Posted in Serienjunkietum with tags , , , , , , , , on Freitag, 29. August 2008 by mediensucht

Eigentlich wollte ich heute über eine andere Serie schreiben. Aus gegebenem Anlass ziehe ich aber eine für später vorgesehene Review vor. Heute ging durch die Medien (z.B. 1, 2), dass sich der vorwiegend aus Akte X bekannte Schauspieler David Duchovny wegen seiner Sexsucht behandeln lassen will. Diese Meldungen zauberten mir ein Lächeln auf die Lippen. Ausgerechnet Duchovny, der in seiner aktuellen Serie Californication einen Schriftsteller spielt, welcher ziemlich oft zur Krisenbewältigung der Fleischeslust frönt, hat vom oftmaligen Kopulieren die Nase voll?

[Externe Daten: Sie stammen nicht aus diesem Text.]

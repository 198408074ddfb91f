-- ===== src/Lab/Access.antt =====
-- Who gets past the middleware, and how long a session lasts (packages/lab/src/constella_lab/auth.py).
use constella.Prelude.{
  true_not_false, ℕ, ◌+◌, ◌<◌, ◌≤◌, ◌-◌, ◌*◌, min, ◌≡◌, ◌≢◌, refl, sym, ap, ◌∙◌, true, false, not,
  ◌||◌, Option, List, [], ◌∷◌, Text, truthy, leb, All, inl, inr, Bool-cases, arith,
}
use constella.Lab.Data.{User, Store, second}
use constella.Lab.Gate.{
  Claims, verified, Scope, GateConfig, is_machine_or_health_path, passes_open, passes, is_protected,
  gate, Round, running, returned, closed, still_active, watch, run_websocket,
}
use constella.Lab.Verdicts.{
  IsAdmitted, rejects_not_passes, open_not_passes, IsIdentified, identified-passes, opens,
  opens-identified,
}

closed_not_running : (n : ℕ) → closed n ≢ running
closed_not_running n bad = cc

returned_not_running : returned ≢ running
returned_not_running bad = cc

-- The round began before the end of the session, and found the application at work and the user
-- there and active.
abbrev pub IsLive : ℕ → ℕ → Round → Type 0
IsLive now expires r =
    (r.now < now + 900 * second)
    × (r.now < expires)
    × (r.finished ≡ false)
    × (still_active r.status ≡ true)

module _ (now expires deadline code : ℕ)
    (ends : deadline ≡ now + min (900 * second) (expires - now)) where
  watch-IsLive :
      (rounds : List Round)
      → All (λ r. now ≤ r.now) rounds
      → watch deadline code rounds ≡ running
      → All (IsLive now expires) rounds
  unfolding watch
  watch-IsLive [] onward h = tt
  watch-IsLive (r ∷ rounds) onward h = elim (Bool-cases (leb deadline r.now)) [
    | inl over ↦ absurd (closed_not_running _ (simp over at h))
    | inr before ↦ elim (Bool-cases r.finished) [
      | inl done ↦ absurd (returned_not_running (simp (before, done) at h))
      | inr going ↦ elim (Bool-cases (still_active r.status)) [
        | inr gone ↦ absurd (closed_not_running _ (simp (before, going, gone) at h))
        | inl here ↦
            let early : r.now < deadline = ground arith in
            let begun : now ≤ r.now = onward.0 in
            (
              (omega (arith, ends), omega (arith, ends), going, here),
              watch-IsLive rounds onward.1 (simp (before, going, here) at h),
            )
      ]
    ]
  ]

  watch-live :
      (rounds : List Round)
      → All (λ r. now ≤ r.now) rounds
      → All (IsLive now expires) rounds
      → watch deadline code rounds ≡ running
  unfolding watch
  watch-live [] onward live = refl
  watch-live (r ∷ rounds) onward ((short, valid, going, here), live) =
      let begun : now ≤ r.now = onward.0 in
      let early : r.now < deadline = omega (arith, ends) in
      let before : leb deadline r.now ≡ false = ground arith in
      rw (before, going, here) (watch-live rounds onward.1 live)

-- A request reaches the application with a user only if its token decodes to claims of the
-- application's type with a subject and an address, the store resolves that identity to this user,
-- the user is active, is an admin where the path is for admins, and, where the request changes state,
-- comes from the public origin with the marker. It reaches it without a user only if it is no HTTP
-- request or websocket, or on one of the three machine and health paths.
pub gate-passes :
    (decode : Text → Option Claims) (config : GateConfig) (s : Scope) (request user_id : Text)
    (now : ℕ) (store : Store)
    → ((v : User) (e : ℕ)
        → (gate decode config s request user_id now store).0 ≡ passes v e
        → IsIdentified decode config s request user_id now store v e × IsAdmitted config s v)
      × ((gate decode config s request user_id now store).0 ≡ passes_open
          → (not (is_protected s.type) || is_machine_or_health_path s.path) ≡ true)
unfolding gate
gate-passes decode config s request user_id now store =
    elim (Bool-cases (not (is_protected s.type) || is_machine_or_health_path s.path)) [
      | inl free ↦ simp free ((λ v e h. absurd (open_not_passes v e h)), (λ h. refl))
      | inr held ↦ elim (Bool-cases (not (truthy s.token))) [
        | inl blank ↦
            simp (held, blank)
              (
                (λ v e h. absurd (rejects_not_passes _ _ v e h)),
                (λ h. absurd (true_not_false (sym (ap opens h)))),
              )
        | inr sent_ ↦
            simp (held, sent_)
              (
                (λ v e h. identified-passes decode config s request user_id now store v e h),
                (λ h. absurd (
                    true_not_false (
                      sym (ap opens h)
                      ∙ opens-identified config s (verified (decode s.token)) request user_id now
                          store))),
              )
      ]
    ]

-- Where no round begins before the session was accepted: the session goes on exactly when each of its
-- rounds began less than fifteen minutes after it was accepted and before its token expires, and
-- found the application at work and the user there and active. So no round follows the expiry, also
-- when the token had expired before and was let in within the leeway.
pub run_websocket-running :
    (now expires_at : ℕ) (rounds : List Round)
    → All (λ r. now ≤ r.now) rounds
    → (run_websocket now expires_at rounds ≡ running → All (IsLive now expires_at) rounds)
      × (All (IsLive now expires_at) rounds → run_websocket now expires_at rounds ≡ running)
unfolding run_websocket
run_websocket-running now expires_at rounds onward = (
  watch-IsLive now expires_at _ _ refl rounds onward,
  watch-live now expires_at _ _ refl rounds onward,
)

Da muss man sich doch um diese ausgezeichnete Serie Sorgen machen, die weit mehr ist als Sex and the City für Männer oder ein schmuddeliges Softporno.

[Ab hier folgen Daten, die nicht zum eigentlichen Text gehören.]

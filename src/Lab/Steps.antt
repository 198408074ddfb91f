-- ===== src/Lab/Steps.antt =====
-- What an action does to the store, as a relation between the store before and after, also where it
-- raises. The rules follow the combinators, so the methods are proved by `search`.
use constella.Prelude.{Bool, true, false, Option, none, some}
use constella.Lab.Data.{
  Store, Error, Result, ok, raised, Action, pure, raise, gets, or_raise, branch, if_found,
  transaction, commit, catch_integrity, continue, ◌>>=◌, ◌>>◌, raise_if, modify,
}
use constella.Lab.Sql.{constraint}

pub record IsPreorder (R : Store → Store → Type 0) : Type 0 where
  pub reflexive : (s : Store) → R s s
  pub transitive : (s t u : Store) → R s t → R t u → R s u

pub record Steps {A : Type 0} (R : Store → Store → Type 0) (m : Action A) : Type 0 where
  pub at : (s : Store) → R s (m s).1

module _ {R : Store → Store → Type 0} (p : IsPreorder R) where
  pub Steps-pure : {A : Type 0} (a : A) → Steps R (pure a)
  unfolding pure
  Steps-pure a = record { at = p.reflexive }

  pub Steps-raise : {A : Type 0} (e : Error) → Steps R (raise {A = A} e)
  unfolding raise
  Steps-raise e = record { at = p.reflexive }

  pub Steps-gets : {A : Type 0} (f : Store → A) → Steps R (gets f)
  unfolding gets
  Steps-gets f = record { at = p.reflexive }

  pub Steps-raise_if : (c : Bool) (e : Error) → Steps R (raise_if c e)
  unfolding raise_if
  Steps-raise_if c e = record { at = p.reflexive }

  pub Steps-constraint : (violated : Store → Bool) → Steps R (constraint violated)
  unfolding constraint
  Steps-constraint violated = record { at = p.reflexive }

  pub Steps-or_raise : {A : Type 0} (o : Option A) (e : Error) → Steps R (or_raise o e)
  unfolding or_raise
  Steps-or_raise none e = record { at = p.reflexive }
  Steps-or_raise (some a) e = record { at = p.reflexive }

  pub Steps-branch :
      {A : Type 0} (b : Bool) (m n : Action A) → Steps R m → Steps R n → Steps R (branch b m n)
  unfolding branch
  Steps-branch true m n h k = h
  Steps-branch false m n h k = k

  pub Steps-if_found :
      {A B : Type 0} (o : Option B) (m : Action A) (f : B → Action A)
      → Steps R m
      → ((b : B) → Steps R (f b))
      → Steps R (if_found o m f)
  unfolding if_found
  Steps-if_found none m f h k = h
  Steps-if_found (some b) m f h k = k b

  continue-Steps :
      {A B : Type 0} (f : A → Action B) (s : Store) (x : Result A × Store)
      → R s x.1
      → ((a : A) → Steps R (f a))
      → R s (continue f x).1
  continue-Steps f s (ok a, t) h k = p.transitive s t (f a t).1 h ((k a).at t)
  continue-Steps f s (raised e, t) h k = h

  pub Steps-bind :
      {A B : Type 0} (m : Action A) (f : A → Action B)
      → Steps R m
      → ((a : A) → Steps R (f a))
      → Steps R (m >>= f)
  unfolding ◌>>=◌
  Steps-bind m f h k = record { at = λ s. continue-Steps f s (m s) (h.at s) k }

  -- A statement behind a constraint.
  pub Steps-guarded :
      {A : Type 0} (violated : Store → Bool) (m : Action A)
      → Steps R m
      → Steps R (constraint violated >> m)
  Steps-guarded violated m h =
      Steps-bind (constraint violated) _ (Steps-constraint violated) (λ _. h)

  commit-Steps : {A : Type 0} (s : Store) (x : Result A × Store) → R s x.1 → R s (commit s x).1
  commit-Steps s (ok a, t) h = h
  commit-Steps s (raised e, t) h = p.reflexive s

  pub Steps-transaction : {A : Type 0} (m : Action A) → Steps R m → Steps R (transaction m)
  unfolding transaction
  Steps-transaction m h = record { at = λ s. commit-Steps s (m s) (h.at s) }

  translate-Steps :
      {A : Type 0} (s : Store) (x : Result A × Store) → R s x.1 → R s (catch_integrity (λ _. x) s).1
  unfolding catch_integrity
  translate-Steps s (ok a, t) h = h
  translate-Steps s (raised e, t) h = h

  pub Steps-catch_integrity : {A : Type 0} (m : Action A) → Steps R m → Steps R (catch_integrity m)
  unfolding catch_integrity
  Steps-catch_integrity m h = record {
    at = λ s. unfold catch_integrity in translate-Steps s (m s) (h.at s);
  }

pub Steps-modify :
    {R : Store → Store → Type 0} (f : Store → Store)
    → ((s : Store) → R s (f s))
    → Steps R (modify f)
unfolding modify
Steps-modify f h = record { at = h }

pub ruleset steps_rules = (
  Steps-pure, Steps-raise, Steps-gets, Steps-raise_if, Steps-constraint, Steps-or_raise,
  Steps-branch, Steps-if_found, Steps-bind, Steps-transaction, Steps-catch_integrity,
)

Californication handelt also vom ehemals sehr erfolgreichen Autor Hank Moody, der nach der Trennung von seiner Frau Karen (Natascha McElhone) nur noch ein Lotterleben führt und seine Krisen mit Alkohol ertränkt bzw. mit Sexspielchen und Affären verdrängt. Meistens mit von der Partie ist Hanks Manager und Freund Charlie Runkle (Evan Handler), dessen Ehe wegen unerfüllter erotischer Fantasien kriselt. Hank zieht es aber eigentlich zu seiner Ex-Frau Karen und der Tochter Becca (Madeleine Martin) zurück. Dummerweise hat sich Karen aber mit dem konservativen Bill Lewis (Damian Young) verlobt und will sich nicht zurückerobern lassen. Hinzu kommen noch einige brisante Verstrickungen, die hier aber unerklärt bleiben sollen.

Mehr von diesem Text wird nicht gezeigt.